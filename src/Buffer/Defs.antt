-- ===== src/Buffer/Defs.antt =====
-- tecc_buffer.c and tecc_buffer.h: the buffer, its growth and its operations.
-- `contents` is the block that `data` points to, and [] where `data` is NULL. Positions are
-- natural numbers: `TecBuffer_seek` refuses a negative one and nothing else makes one.
use tecc.Base.{
  ℕ, zero, suc, ◌+◌, ◌-◌, ◌*◌, ◌/◌, ◌^◌, Bool, true, false, Option, none, some, List, [], ◌∷◌, ◌++◌,
  ◌%◌, ltb, leb, ◌==◌, if◌then◌else◌, u64, length, replicate,
}
use tecc.Base.Int.{ℤ, pos, negsuc, ◌+ℤ◌}
use tecc.Base.Run.{Run, ok, fault, out_of_fuel, ◌>>=◌}
use tecc.Buffer.Bytes.{memcpy, peek}

pub record Buffer : Type 0 where
  pub contents : List ℕ
  pub pos : ℕ
  pub size : ℕ
  pub capacity : ℕ
  pub block_size : ℕ

-- What the buffer has from outside: whether `calloc(1, n)` returns a block, and the handler that
-- the application registered for a failure, if it did.
pub record Env : Type 0 where
  pub can_alloc : ℕ → Bool
  pub on_buffer_error : Option (Buffer → Buffer)

unfoldable pub set_error_handler : Option (Buffer → Buffer) → Env → Env
set_error_handler handler env = record env { on_buffer_error = handler }

abbrev pub default_block_size : ℕ
default_block_size = 80

-- `ON_ERROR`
unfoldable pub on_error : Env → Buffer → Buffer
on_error env b = elim (env.on_buffer_error) [ none ↦ b | some handler ↦ handler b ]

-- The copy of the old block, if there is one, into the new block of zeros.
unfoldable pub move_contents : List ℕ → ℕ → ℕ → Run (List ℕ)
move_contents [] size new = ok (replicate new 0)
move_contents (x ∷ old) size new = do kept ← peek (x ∷ old) 0 size; memcpy (replicate new 0) 0 kept

unfoldable pub realloc_buffer : Env → Buffer → ℕ → Run (Bool × Buffer)
realloc_buffer env b new =
    if leb new b.capacity
    then ok (true, b)
    else if env.can_alloc new
    then (do
      moved ← move_contents b.contents b.size new
      ok (true, record b { contents = moved; capacity = new }))
    else ok (false, b)

-- The capacity that `ensure_capacity` starts from; a division by 0 faults.
unfoldable pub first_capacity : Buffer → ℕ → Run ℕ
first_capacity b end =
    if b.capacity == 0
    then ok b.block_size
    else if b.block_size == 0
    then fault
    else ok (u64 (b.capacity + u64 (end / b.block_size * b.block_size)))

-- while (new_capacity < buf->capacity) new_capacity += buf->block_size;
unfoldable pub raise_capacity : ℕ → Buffer → ℕ → Run ℕ
raise_capacity zero b new = out_of_fuel
raise_capacity (suc fuel) b new =
    let rest = raise_capacity fuel b (u64 (new + b.block_size)) in
    if ltb new b.capacity then rest else ok new

unfoldable pub ensure_capacity : Env → Buffer → ℕ → ℕ → Run Buffer
ensure_capacity env b start len = if leb (u64 (start + len)) b.capacity then ok b else do
  first ← first_capacity b (u64 (start + len))
  new ← raise_capacity (suc b.capacity) b first
  (grown, b') ← realloc_buffer env b new
  ok (if grown then b' else on_error env b')

unfoldable pub init : Env → ℕ → ℕ → Run Buffer
init env initial_size block_size =
    let b : Buffer = record {
      contents = [];
      pos = 0;
      size = 0;
      capacity = 0;
      block_size = if block_size == 0 then default_block_size else block_size;
    } in
    if initial_size == 0 then ok b else ensure_capacity env b b.pos initial_size

unfoldable pub done : Buffer → Buffer
done b = record b { contents = []; pos = 0; size = 0; capacity = 0 }

-- `src` is the `len` bytes to write. The result is the number of bytes written.
unfoldable pub write : Env → Buffer → List ℕ → Run (ℕ × Buffer)
write env b src = if length src == 0 then ok (0, b) else do
  b' ← ensure_capacity env b b.pos (length src)
  written ← memcpy b'.contents b.pos src
  let end = b.pos + length src
  ok (
    length src,
    record b' { contents = written; size = if ltb b'.size end then end else b'.size; pos = end },
  )

-- The number of bytes read, the bytes, and the buffer.
unfoldable pub read : Buffer → ℕ → Run (ℕ × List ℕ × Buffer)
read b len = if len == 0 then ok (0, [], b) else (do
  let n = if ltb b.size (u64 (b.pos + len)) then u64 (b.size + 2 ^ 64 - b.pos) else len
  got ← peek b.contents b.pos n
  ok (n, got, record b { pos = b.pos + n }))

pub data Origin : Type 0 where
  seek_cur seek_set seek_end : Origin

unfoldable pub new_position : Buffer → ℤ → Origin → ℤ
new_position b offset seek_set = offset
new_position b offset seek_cur = pos b.pos +ℤ offset
new_position b offset seek_end = pos b.size +ℤ offset

-- TECC_EOB
abbrev pub end_of_buffer : ℤ
end_of_buffer = negsuc 0

-- The test that ends `TecBuffer_seek`.
unfoldable pub move_to : Buffer → ℤ → ℤ × Buffer
move_to b (negsuc n) = (end_of_buffer, b)
move_to b (pos p) = if ltb b.size p then (end_of_buffer, b) else (pos 0, record b { pos = p })

unfoldable pub seek : Buffer → ℤ → Origin → ℤ × Buffer
seek b offset origin = move_to b (new_position b offset origin)

unfoldable pub is_null : List ℕ → Bool
is_null [] = false
is_null (c ∷ _) = c == 0

-- The step of `TecBuffer_puts` back over a null byte that stands before the position `p`; `b` is
-- the buffer after it was grown.
unfoldable pub step_back : Buffer → ℕ → Run Buffer
step_back b p =
    if ltb 0 p
    then (do
      last ← peek b.contents (p - 1) 1
      ok (
          if is_null last
          then record b { pos = p - 1; size = b.size - 1 }
          else record b { pos = p }))
    else ok (record b { pos = p })

-- A number as an int of 32 bits, and that as a size again: a negative int is large.
unfoldable pub int_size : ℕ → ℕ
int_size n = let low = n % 2 ^ 32 in if ltb low (2 ^ 31) then low else low + (2 ^ 64 - 2 ^ 32)

-- `str` is a string without its null byte, and `none` where the pointer is NULL.
unfoldable pub puts : Env → Buffer → Option (List ℕ) → Run (ℕ × Buffer)
puts env b none = ok (0, b)
puts env b (some str) =
    let len = int_size (length str) in
    if len == 0
    then ok (0, b)
    else (if len == 2 ^ 31 - 1 then fault else do
      grown ← ensure_capacity env b b.pos (u64 (len + 1))
      stepped ← step_back grown b.pos
      bytes ← peek (str ++ 0 ∷ []) 0 (u64 (len + 1))
      write env stepped bytes)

===

WHAT YOU HAVE TO DO: All that is wanted is the line with "unfoldable pub int_size : ℕ → ℕ" and every later line in the entries, reproduced exactly.

ANSWER FOR THE TASK:
unfoldable pub int_size : ℕ → ℕ
int_size n = let low = n % 2 ^ 32 in if ltb low (2 ^ 31) then low else low + (2 ^ 64 - 2 ^ 32)

-- `str` is a string without its null byte, and `none` where the pointer is NULL.
unfoldable pub puts : Env → Buffer → Option (List ℕ) → Run (ℕ × Buffer)
puts env b none = ok (0, b)
puts env b (some str) =
    let len = int_size (length str) in
    if len == 0
    then ok (0, b)
    else (if len == 2 ^ 31 - 1 then fault else do
      grown ← ensure_capacity env b b.pos (u64 (len + 1))
      stepped ← step_back grown b.pos
      bytes ← peek (str ++ 0 ∷ []) 0 (u64 (len + 1))
      write env stepped bytes)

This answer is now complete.